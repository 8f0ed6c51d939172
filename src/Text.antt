-- ===== src/Text.antt =====
-- The string helpers of http/http_basic.c. A buffer is the list of its bytes from the pointer on;
-- `none` is a read behind its end.
pub mod Search
pub mod Find
pub mod Strip
use mathlib.Core.Option
use xxx.Prelude.{
  ℕ, zero, suc, ◌+◌, ◌-◌, ◌==◌, Bool, true, false, ◌&&◌, ◌||◌, Option, none, some, List, [], ◌∷◌,
  leb, ltb, if◌then◌else◌, ◌>>=◌, take, reverse, length,
}
use xxx.Decode.Digit.{to_lower}

-- `memcmp (mem, pattern, n) == 0` for a pattern of `n` bytes, which reads all of them.
unfoldable pub starts : List ℕ → List ℕ → Option Bool
starts [] mem = some true
starts (p ∷ ps) [] = none
starts (p ∷ ps) (c ∷ mem) = do rest ← starts ps mem; some (c == p && rest)

abbrev pub or_else : Bool → Option (Option ℕ) → Option (Option ℕ)
or_else true rest = some (some 0)
or_else false rest = rest

-- The loop of `strlstr`, with the rounds that are left: the offset of the match.
unfoldable pub find_loop : ℕ → List ℕ → List ℕ → Option (Option ℕ)
unfolding starts
find_loop zero pattern mem = some none
find_loop (suc rounds) pattern [] = do found ← starts pattern []; or_else found none
find_loop (suc rounds) pattern (c ∷ mem) =
    let rest = (do r ← find_loop rounds pattern mem; some (Option.map suc r)) in
    (do found ← starts pattern (c ∷ mem); or_else found rest)

-- `strlstr`: even a `src` that is shorter than the pattern is compared once.
unfoldable pub strlstr : List ℕ → ℕ → List ℕ → Option (Option ℕ)
unfolding find_loop
strlstr src slen pattern = find_loop (suc (slen - length pattern)) pattern src

-- `isspace` of the C locale, or a colon.
abbrev pub is_blank : ℕ → Bool
is_blank c = c == b' ' || leb 9 c && leb c 13 || c == b':'

-- The first loop of `strlstrip`.
unfoldable pub strip_left : List ℕ → List ℕ
strip_left [] = []
strip_left (c ∷ cs) = if is_blank c then strip_left cs else c ∷ cs

-- `strlstrip`: what is left between the two pointers.
unfoldable pub strlstrip : List ℕ → List ℕ
unfolding strip_left
strlstrip s = reverse (strip_left (reverse (strip_left s)))

-- `http_char2num`
unfoldable pub char2num : ℕ → ℕ
char2num c =
    if leb b'a' c && leb c b'z' then c - b'a' else if leb b'A' c && leb c b'Z' then c - b'A' else 26

-- `strlcpy2` with pointers that are not NULL: what it writes before the NUL. For a `dlen` of 0 the
-- number `dlen - 1` wraps round, and all is copied.
unfoldable pub strlcpy2 : ℕ → List ℕ → List ℕ
strlcpy2 dlen src = if ltb 0 dlen && ltb (dlen - 1) (length src) then take (dlen - 1) src else src
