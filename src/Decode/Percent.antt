-- ===== src/Decode/Percent.antt =====
-- `_http_string_decode` and what it calls. The input is read from its end to its begin, and
-- `out_string` grows at its end; here it is a list whose head is the byte stored last,
-- `string[string_len - 1]`, so it reads in the order of the input. `string_len -= k` is `drop k`.
pub mod Bounds
pub mod RoundTrip
pub mod Stray
use xxx.Prelude.{
  ℕ, zero, suc, ◌+◌, ◌*◌, ◌%◌, Bool, true, false, ◌&&◌, ◌||◌, Option, none, some, List, [], ◌∷◌,
  ◌++◌, leb, ◌==◌, if◌then◌else◌, length, drop,
}
use xxx.Decode.Digit.{to_digit, starts_nocase}

-- `_http_percent_xx_decode_backward`: `none` where it returns 0. Otherwise `string[string_len - 2]`
-- has its new value and the caller takes the byte behind it away.
unfoldable pub xx_decode : List ℕ → Option (List ℕ)
xx_decode [] = none
xx_decode (c1 ∷ []) = none
xx_decode (c1 ∷ c2 ∷ r) = elim (to_digit c1) [
  | none ↦ none
  | some digit1 ↦ elim (to_digit c2) [
    | none ↦ none
    | some digit2 ↦
        if digit1 == 0 && digit2 == 0 then none else some ((digit1 * 16 % 256 + digit2) % 256 ∷ r)
  ]
]

-- A digit as the `u_int8_t` that it is added to: -1 is 255.
digit_byte : Option ℕ → ℕ
digit_byte none = 255
digit_byte (some d) = d

-- `_http_percent_FFxx_decode_backward`
unfoldable pub ffxx_decode : List ℕ → Option (List ℕ)
unfolding digit_byte
ffxx_decode [] = none
ffxx_decode (c1 ∷ []) = none
ffxx_decode (c1 ∷ c2 ∷ r) =
    let digit1 = (digit_byte (to_digit c1) + 2) % 256 in
    some ((digit1 * 16 % 256 + digit_byte (to_digit c2)) % 256 ∷ r)

-- `_http_percent_combine`: `none` where it returns 0. The patterns stand in the order of the list.
unfoldable pub percent_combine : List ℕ → Option (List ℕ)
percent_combine s =
    if starts_nocase (b'%' ∷ b'u' ∷ b'0' ∷ b'0' ∷ b'2' ∷ b'5' ∷ []) s
    then some (b'%' ∷ drop 6 s)
    else if starts_nocase (b'%' ∷ b'x' ∷ b'2' ∷ b'5' ∷ []) s
    then some (b'%' ∷ drop 4 s)
    else if starts_nocase (b'%' ∷ b'2' ∷ b'5' ∷ []) s
    then some (b'%' ∷ drop 3 s)
    else none

-- The loop of step 1. A round shortens the string, so its length is fuel enough.
unfoldable pub combine_loop : ℕ → List ℕ → List ℕ
combine_loop zero s = s
combine_loop (suc fuel) s = elim (percent_combine s) [ none ↦ s | some s' ↦ combine_loop fuel s' ]

-- The values of `string_type`. The `IGNORANCE_` ones are never assigned.
pub data StringType : Type 0 where
  no_percent percent_xx percent_u00xx percent_xyy percent_uffxx : StringType

-- `tmp_len >= k || tmp_len == -1`, where `none` is -1.
at_least : ℕ → Option ℕ → Bool
at_least k none = true
at_least k (some tmp_len) = leb k tmp_len

-- Steps 2 to 4 of `_http_string_decode_type_backward`; `none` is -1. For a string of three bytes
-- `string[*string_len - 4]` lies before the buffer: `stray` is the byte that is found there.
unfoldable pub decode_type : ℕ → List ℕ → Option ℕ → Option StringType
unfolding at_least
decode_type stray [] tmp_len = some no_percent
decode_type stray (a ∷ []) tmp_len = some no_percent
decode_type stray (a ∷ b ∷ []) tmp_len = some no_percent
decode_type stray (a ∷ b ∷ c ∷ r) tmp_len =
    let s = a ∷ b ∷ c ∷ r in
    if (b == b'x' || b == b'X') && at_least 3 tmp_len
    then (if leb (length s) 3 then some no_percent else some percent_xyy)
    else if starts_nocase (b'%' ∷ b'u' ∷ b'0' ∷ b'0' ∷ []) (s ++ stray ∷ []) && at_least 5 tmp_len
    then (if leb (length s) 5 then some no_percent else some percent_u00xx)
    else if starts_nocase (b'%' ∷ b'u' ∷ b'f' ∷ b'f' ∷ []) (s ++ stray ∷ []) && at_least 5 tmp_len
    then (if leb (length s) 5 then some no_percent else some percent_uffxx)
    else if at_least 2 tmp_len
    then some percent_xx
    else none

-- `string_len` goes back to what it was where nothing was decoded.
or_keep : Option (List ℕ) → List ℕ → List ℕ
or_keep none s = s
or_keep (some s') s = s'

-- The `switch` of `_http_string_decode_backward`.
unfoldable pub decode_as : StringType → List ℕ → List ℕ
unfolding or_keep
decode_as no_percent s = s
decode_as percent_xx s = or_keep (xx_decode (drop 1 s)) s
decode_as percent_u00xx s = or_keep (xx_decode (drop 4 s)) s
decode_as percent_uffxx s = or_keep (ffxx_decode (drop 4 s)) s
decode_as percent_xyy s = or_keep (xx_decode (drop 2 s)) s

-- Step 1 runs where `tmp_len` is -1.
combine : Option ℕ → List ℕ → List ℕ
combine none s = combine_loop (length s) s
combine (some tmp_len) s = s

-- Step 2 runs where the type is not -1.
pub decode_if : Option StringType → List ℕ → List ℕ
decode_if none s = s
decode_if (some t) s = decode_as t s

-- `_http_string_decode_backward`, with step 1 of the type's function.
unfoldable pub decode_backward : ℕ → List ℕ → Option ℕ → List ℕ
unfolding combine decode_if
decode_backward stray s tmp_len =
    let s' = combine tmp_len s in decode_if (decode_type stray s' tmp_len) s'

-- One round of the loop of `_http_string_decode`, from `out_string` and `tmp_len`;
-- `one` is `decode_flag == ONLY_ONE_DECODE`.
pub decode_byte : Bool → ℕ → ℕ → List ℕ × ℕ → List ℕ × ℕ
decode_byte one stray c (out, tmp_len) =
    if c == b'%'
    then (
      decode_backward stray (c ∷ out) (if one then some tmp_len else none),
      if one then 0 else tmp_len,
    )
    else if c == b'+'
    then (b' ' ∷ out, tmp_len)
    else (c ∷ out, if one then tmp_len + 1 else tmp_len)

-- The loop of `_http_string_decode`, over the bytes of `in_string` from the last to the first.
pub decode_loop : Bool → ℕ → List ℕ → List ℕ × ℕ
unfolding decode_byte
decode_loop one stray [] = ([], 0)
decode_loop one stray (c ∷ cs) = decode_byte one stray c (decode_loop one stray cs)

-- `_http_string_decode`: `out_string`, from its last byte to its first.
unfoldable pub string_decode : Bool → ℕ → List ℕ → List ℕ
unfolding decode_loop
string_decode one stray in_string = (decode_loop one stray in_string).0
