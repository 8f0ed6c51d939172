-- ===== src/Decode/Escape.antt =====
-- `_http_escape_decode_inplace` of http/http_decode.c, which undoes backslash escapes. The loop
-- reads at `i` and writes at `d`; here the argument is the input from `i` on and the result the
-- bytes written. The result is never ahead of the input (Escape.Bounds), so a write never changes
-- a byte that is still to be read.
pub mod Bounds
pub mod RoundTrip
use Prim.Native.Nat.{bit_and}
use xxx.Prelude.{
  ℕ, zero, suc, ◌+◌, ◌-◌, ◌*◌, ◌%◌, Bool, true, false, ◌&&◌, ◌||◌, Option, none, some, List, [],
  ◌∷◌, ◌++◌, leb, ◌==◌, if◌then◌else◌, ◌>>=◌, length,
}

-- The `switch`; `none` is -1.
unfoldable pub simple_escape : ℕ → Option ℕ
simple_escape c =
    if c == b'a'
    then some 7
    else if c == b'b'
    then some 8
    else if c == b'f'
    then some 12
    else if c == b'n'
    then some 10
    else if c == b'r'
    then some 13
    else if c == b't'
    then some 9
    else if c == b'v'
    then some 11
    else if c == 92 || c == b'?' || c == 39 || c == 34
    then some c
    else none

-- `isxdigit` of the C locale.
abbrev pub is_xdigit : ℕ → Bool
is_xdigit c = leb b'0' c && leb c b'9' || leb b'a' c && leb c b'f' || leb b'A' c && leb c b'F'

-- The value of a digit in `x2c`, an `unsigned char`.
unfoldable pub x2c_digit : ℕ → ℕ
x2c_digit c =
    if leb b'A' c then (bit_and c 0xdf + 256 - b'A' + 10) % 256 else (c + 256 - b'0') % 256

-- `x2c`
unfoldable pub x2c : ℕ → ℕ → ℕ
unfolding x2c_digit
x2c c1 c2 = (x2c_digit c1 * 16 % 256 + x2c_digit c2) % 256

-- `ISODIGIT`
abbrev pub is_odigit : ℕ → Bool
is_odigit c = leb b'0' c && leb c b'7'

-- Two hexadecimal digits behind the x: the character, and the input behind them.
unfoldable pub hex_escape : List ℕ → Option (ℕ × List ℕ)
unfolding x2c
hex_escape [] = none
hex_escape (c1 ∷ []) = none
hex_escape (c1 ∷ c2 ∷ r) = if is_xdigit c1 && is_xdigit c2 then some (x2c c1 c2, r) else none

-- Up to `rounds` octal digits, with the value of those before.
unfoldable pub octal_escape : ℕ → ℕ → List ℕ → ℕ × List ℕ
octal_escape zero value input = (value, input)
octal_escape (suc rounds) value [] = (value, [])
octal_escape (suc rounds) value (c ∷ r) =
    let rest = octal_escape rounds (value * 8 + (c - b'0')) r in
    if is_odigit c then rest else (value, c ∷ r)

-- What stands behind a backslash: the character it means and the input behind it, or -1.
unfoldable pub unescape : ℕ → List ℕ → Option (ℕ × List ℕ)
unfolding simple_escape hex_escape octal_escape
unescape c r = elim (simple_escape c) [
  | some x ↦ some (x, r)
  | none ↦
      if c == b'x' || c == b'X'
      then hex_escape r
      else if is_odigit c
      then some (octal_escape 3 0 (c ∷ r))
      else none
]

-- A round: the bytes that it writes, and the input behind those that it reads.
unfoldable pub escape_round : ℕ → ℕ → List ℕ → List ℕ × List ℕ
unfolding unescape
escape_round c b r =
    if c == 92
    then (elim (unescape b r) [ none ↦ (c ∷ b ∷ [], r) | some (x, rest) ↦ (x % 256 ∷ [], rest) ])
    else (c ∷ [], b ∷ r)

-- The loop; `none` means that the fuel ran out.
unfoldable pub escape_loop : ℕ → List ℕ → Option (List ℕ)
unfolding escape_round
escape_loop zero input = none
escape_loop (suc fuel) [] = some []
escape_loop (suc fuel) (c ∷ []) = some (c ∷ [])
escape_loop (suc fuel) (c ∷ b ∷ r) =
    let (out, rest) = escape_round c b r in (do more ← escape_loop fuel rest; some (out ++ more))

-- `_http_escape_decode_inplace`: a round reads at least one byte, so the length is fuel enough.
unfoldable pub escape_decode : List ℕ → Option (List ℕ)
unfolding escape_loop
escape_decode input = escape_loop (suc (length input)) input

> _Your assignment_: Only those lines of the entries above that run from the line containing "decode_byte one stray c (out, tmp_len)" to the line containing "then some 13", both included, should be transcribed exactly.

> _Your response_:
decode_byte one stray c (out, tmp_len) =
    if c == b'%'
    then (
      decode_backward stray (c ∷ out) (if one then some tmp_len else none),
      if one then 0 else tmp_len,
    )
    else if c == b'+'
    then (b' ' ∷ out, tmp_len)
    else (c ∷ out, if one then tmp_len + 1 else tmp_len)

-- The loop of `_http_string_decode`, over the bytes of `in_string` from the last to the first.
pub decode_loop : Bool → ℕ → List ℕ → List ℕ × ℕ
unfolding decode_byte
decode_loop one stray [] = ([], 0)
decode_loop one stray (c ∷ cs) = decode_byte one stray c (decode_loop one stray cs)

-- `_http_string_decode`: `out_string`, from its last byte to its first.
unfoldable pub string_decode : Bool → ℕ → List ℕ → List ℕ
unfolding decode_loop
string_decode one stray in_string = (decode_loop one stray in_string).0
repository 8f0ed6c51d939172
-- ===== src/Decode/Escape.antt =====
-- `_http_escape_decode_inplace` of http/http_decode.c, which undoes backslash escapes. The loop
-- reads at `i` and writes at `d`; here the argument is the input from `i` on and the result the
-- bytes written. The result is never ahead of the input (Escape.Bounds), so a write never changes
-- a byte that is still to be read.
pub mod Bounds
pub mod RoundTrip
use Prim.Native.Nat.{bit_and}
use xxx.Prelude.{
  ℕ, zero, suc, ◌+◌, ◌-◌, ◌*◌, ◌%◌, Bool, true, false, ◌&&◌, ◌||◌, Option, none, some, List, [],
  ◌∷◌, ◌++◌, leb, ◌==◌, if◌then◌else◌, ◌>>=◌, length,
}

-- The `switch`; `none` is -1.
unfoldable pub simple_escape : ℕ → Option ℕ
simple_escape c =
    if c == b'a'
    then some 7
    else if c == b'b'
    then some 8
    else if c == b'f'
    then some 12
    else if c == b'n'
    then some 10
    else if c == b'r'
    then some 13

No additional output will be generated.